ENTRIES SUPPLIED:
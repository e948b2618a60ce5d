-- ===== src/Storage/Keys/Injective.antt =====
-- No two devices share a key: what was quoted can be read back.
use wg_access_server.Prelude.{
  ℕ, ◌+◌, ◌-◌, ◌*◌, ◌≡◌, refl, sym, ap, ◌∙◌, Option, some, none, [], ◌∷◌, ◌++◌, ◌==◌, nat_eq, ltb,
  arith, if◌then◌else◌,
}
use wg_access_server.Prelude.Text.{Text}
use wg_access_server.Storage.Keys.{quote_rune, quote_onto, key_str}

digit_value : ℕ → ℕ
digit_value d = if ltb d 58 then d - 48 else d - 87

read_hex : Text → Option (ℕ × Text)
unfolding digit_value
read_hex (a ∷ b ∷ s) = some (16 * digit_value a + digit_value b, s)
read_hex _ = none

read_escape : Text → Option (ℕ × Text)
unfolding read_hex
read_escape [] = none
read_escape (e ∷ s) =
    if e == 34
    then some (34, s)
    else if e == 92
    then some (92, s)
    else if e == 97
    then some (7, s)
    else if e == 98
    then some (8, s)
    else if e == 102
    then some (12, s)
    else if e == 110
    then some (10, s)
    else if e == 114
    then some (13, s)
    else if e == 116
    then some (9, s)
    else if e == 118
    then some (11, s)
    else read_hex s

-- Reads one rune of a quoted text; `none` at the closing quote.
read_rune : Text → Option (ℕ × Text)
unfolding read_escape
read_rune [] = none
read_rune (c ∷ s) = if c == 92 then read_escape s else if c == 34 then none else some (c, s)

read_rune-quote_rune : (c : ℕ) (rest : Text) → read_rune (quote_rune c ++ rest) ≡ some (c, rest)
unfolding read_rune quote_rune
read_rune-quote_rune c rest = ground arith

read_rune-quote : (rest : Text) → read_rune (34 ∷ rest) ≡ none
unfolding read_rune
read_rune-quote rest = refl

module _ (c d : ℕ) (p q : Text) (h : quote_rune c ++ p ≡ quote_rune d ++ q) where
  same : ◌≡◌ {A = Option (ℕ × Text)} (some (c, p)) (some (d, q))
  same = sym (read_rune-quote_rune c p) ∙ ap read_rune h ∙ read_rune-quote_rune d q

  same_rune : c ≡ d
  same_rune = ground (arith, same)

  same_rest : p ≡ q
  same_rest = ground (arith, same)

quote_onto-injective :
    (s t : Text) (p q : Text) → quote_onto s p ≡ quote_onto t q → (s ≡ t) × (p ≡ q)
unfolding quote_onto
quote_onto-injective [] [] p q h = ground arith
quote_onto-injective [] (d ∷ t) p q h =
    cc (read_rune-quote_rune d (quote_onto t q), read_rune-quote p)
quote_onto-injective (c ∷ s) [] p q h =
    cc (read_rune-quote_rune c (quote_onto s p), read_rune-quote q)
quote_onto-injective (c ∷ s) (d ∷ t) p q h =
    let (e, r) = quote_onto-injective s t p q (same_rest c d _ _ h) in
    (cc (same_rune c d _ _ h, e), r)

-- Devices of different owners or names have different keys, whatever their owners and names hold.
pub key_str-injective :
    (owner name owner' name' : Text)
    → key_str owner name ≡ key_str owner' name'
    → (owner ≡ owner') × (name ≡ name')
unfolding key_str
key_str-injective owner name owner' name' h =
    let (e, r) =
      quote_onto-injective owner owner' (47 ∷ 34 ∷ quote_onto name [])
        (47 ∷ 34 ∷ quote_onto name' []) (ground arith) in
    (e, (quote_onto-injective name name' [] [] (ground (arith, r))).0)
* * *
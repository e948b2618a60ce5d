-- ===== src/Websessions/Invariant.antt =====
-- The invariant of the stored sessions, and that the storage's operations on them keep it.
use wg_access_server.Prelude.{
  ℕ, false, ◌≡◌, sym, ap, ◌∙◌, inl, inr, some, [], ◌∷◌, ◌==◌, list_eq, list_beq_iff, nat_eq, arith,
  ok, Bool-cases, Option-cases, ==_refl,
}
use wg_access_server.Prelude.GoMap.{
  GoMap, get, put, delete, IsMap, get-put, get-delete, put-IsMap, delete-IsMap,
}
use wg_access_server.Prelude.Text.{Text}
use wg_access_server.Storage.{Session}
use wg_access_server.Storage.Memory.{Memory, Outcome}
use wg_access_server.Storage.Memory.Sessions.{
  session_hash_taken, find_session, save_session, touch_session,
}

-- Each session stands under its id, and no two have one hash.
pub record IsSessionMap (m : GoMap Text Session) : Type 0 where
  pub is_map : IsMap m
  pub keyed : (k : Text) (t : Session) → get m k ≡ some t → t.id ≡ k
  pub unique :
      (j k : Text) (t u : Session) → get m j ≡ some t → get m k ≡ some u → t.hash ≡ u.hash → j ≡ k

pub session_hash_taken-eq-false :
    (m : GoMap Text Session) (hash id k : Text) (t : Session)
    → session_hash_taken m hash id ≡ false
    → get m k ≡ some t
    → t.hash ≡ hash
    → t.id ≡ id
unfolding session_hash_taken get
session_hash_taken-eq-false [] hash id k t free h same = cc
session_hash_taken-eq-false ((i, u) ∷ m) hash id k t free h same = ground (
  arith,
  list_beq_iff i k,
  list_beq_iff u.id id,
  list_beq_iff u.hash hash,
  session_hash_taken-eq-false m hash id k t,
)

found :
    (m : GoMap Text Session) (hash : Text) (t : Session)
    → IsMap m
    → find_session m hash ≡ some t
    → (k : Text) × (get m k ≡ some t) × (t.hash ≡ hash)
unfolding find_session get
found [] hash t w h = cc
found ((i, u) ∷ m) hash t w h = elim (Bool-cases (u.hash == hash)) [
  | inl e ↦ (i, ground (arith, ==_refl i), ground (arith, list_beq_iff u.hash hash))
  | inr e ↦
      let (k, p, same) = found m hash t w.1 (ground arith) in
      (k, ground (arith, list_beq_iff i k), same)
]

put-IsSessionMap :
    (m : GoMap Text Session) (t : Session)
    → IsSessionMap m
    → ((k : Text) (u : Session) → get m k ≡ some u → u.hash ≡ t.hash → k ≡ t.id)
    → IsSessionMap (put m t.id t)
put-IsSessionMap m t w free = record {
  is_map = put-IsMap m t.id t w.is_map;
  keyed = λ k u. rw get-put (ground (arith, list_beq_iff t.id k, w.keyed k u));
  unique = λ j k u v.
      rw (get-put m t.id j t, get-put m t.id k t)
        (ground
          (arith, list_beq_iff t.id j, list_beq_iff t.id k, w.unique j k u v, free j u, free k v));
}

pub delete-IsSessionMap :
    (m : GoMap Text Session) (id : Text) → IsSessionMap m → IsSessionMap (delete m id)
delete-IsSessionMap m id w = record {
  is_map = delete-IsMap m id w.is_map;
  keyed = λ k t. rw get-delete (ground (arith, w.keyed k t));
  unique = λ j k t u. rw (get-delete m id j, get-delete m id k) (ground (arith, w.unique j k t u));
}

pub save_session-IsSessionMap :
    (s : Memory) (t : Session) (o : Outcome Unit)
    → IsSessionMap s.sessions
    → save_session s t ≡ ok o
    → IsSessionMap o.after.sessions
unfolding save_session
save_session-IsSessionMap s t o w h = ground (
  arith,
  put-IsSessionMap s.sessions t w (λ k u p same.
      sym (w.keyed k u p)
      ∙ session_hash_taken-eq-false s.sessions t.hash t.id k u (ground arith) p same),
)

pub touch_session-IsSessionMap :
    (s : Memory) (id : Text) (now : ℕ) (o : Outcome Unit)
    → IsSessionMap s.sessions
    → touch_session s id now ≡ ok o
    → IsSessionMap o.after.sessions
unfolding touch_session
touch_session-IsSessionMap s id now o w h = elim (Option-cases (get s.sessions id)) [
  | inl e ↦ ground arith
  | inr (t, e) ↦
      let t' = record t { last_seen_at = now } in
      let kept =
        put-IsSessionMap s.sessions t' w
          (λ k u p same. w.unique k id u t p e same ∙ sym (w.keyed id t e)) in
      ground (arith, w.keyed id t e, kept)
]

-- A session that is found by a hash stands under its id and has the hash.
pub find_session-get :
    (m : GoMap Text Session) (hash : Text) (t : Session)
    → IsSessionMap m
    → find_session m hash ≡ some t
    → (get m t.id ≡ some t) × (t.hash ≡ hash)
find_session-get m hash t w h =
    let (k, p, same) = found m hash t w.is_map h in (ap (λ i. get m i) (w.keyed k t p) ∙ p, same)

WHAT YOU SHOULD DO:
From the records above, repeat exactly the lines from the one with "read_rune-quote rest = refl" through the one with "(e, (quote_onto-injective name", both included.

SOLUTION TO THE PROBLEM:
read_rune-quote rest = refl

module _ (c d : ℕ) (p q : Text) (h : quote_rune c ++ p ≡ quote_rune d ++ q) where
  same : ◌≡◌ {A = Option (ℕ × Text)} (some (c, p)) (some (d, q))
  same = sym (read_rune-quote_rune c p) ∙ ap read_rune h ∙ read_rune-quote_rune d q

  same_rune : c ≡ d
  same_rune = ground (arith, same)

  same_rest : p ≡ q
  same_rest = ground (arith, same)

quote_onto-injective :
    (s t : Text) (p q : Text) → quote_onto s p ≡ quote_onto t q → (s ≡ t) × (p ≡ q)
unfolding quote_onto
quote_onto-injective [] [] p q h = ground arith
quote_onto-injective [] (d ∷ t) p q h =
    cc (read_rune-quote_rune d (quote_onto t q), read_rune-quote p)
quote_onto-injective (c ∷ s) [] p q h =
    cc (read_rune-quote_rune c (quote_onto s p), read_rune-quote q)
quote_onto-injective (c ∷ s) (d ∷ t) p q h =
    let (e, r) = quote_onto-injective s t p q (same_rest c d _ _ h) in
    (cc (same_rune c d _ _ h, e), r)

-- Devices of different owners or names have different keys, whatever their owners and names hold.
pub key_str-injective :
    (owner name owner' name' : Text)
    → key_str owner name ≡ key_str owner' name'
    → (owner ≡ owner') × (name ≡ name')
unfolding key_str
key_str-injective owner name owner' name' h =
    let (e, r) =
      quote_onto-injective owner owner' (47 ∷ 34 ∷ quote_onto name [])
        (47 ∷ 34 ∷ quote_onto name' []) (ground arith) in
    (e, (quote_onto-injective name name' [] [] (ground (arith, r))).0)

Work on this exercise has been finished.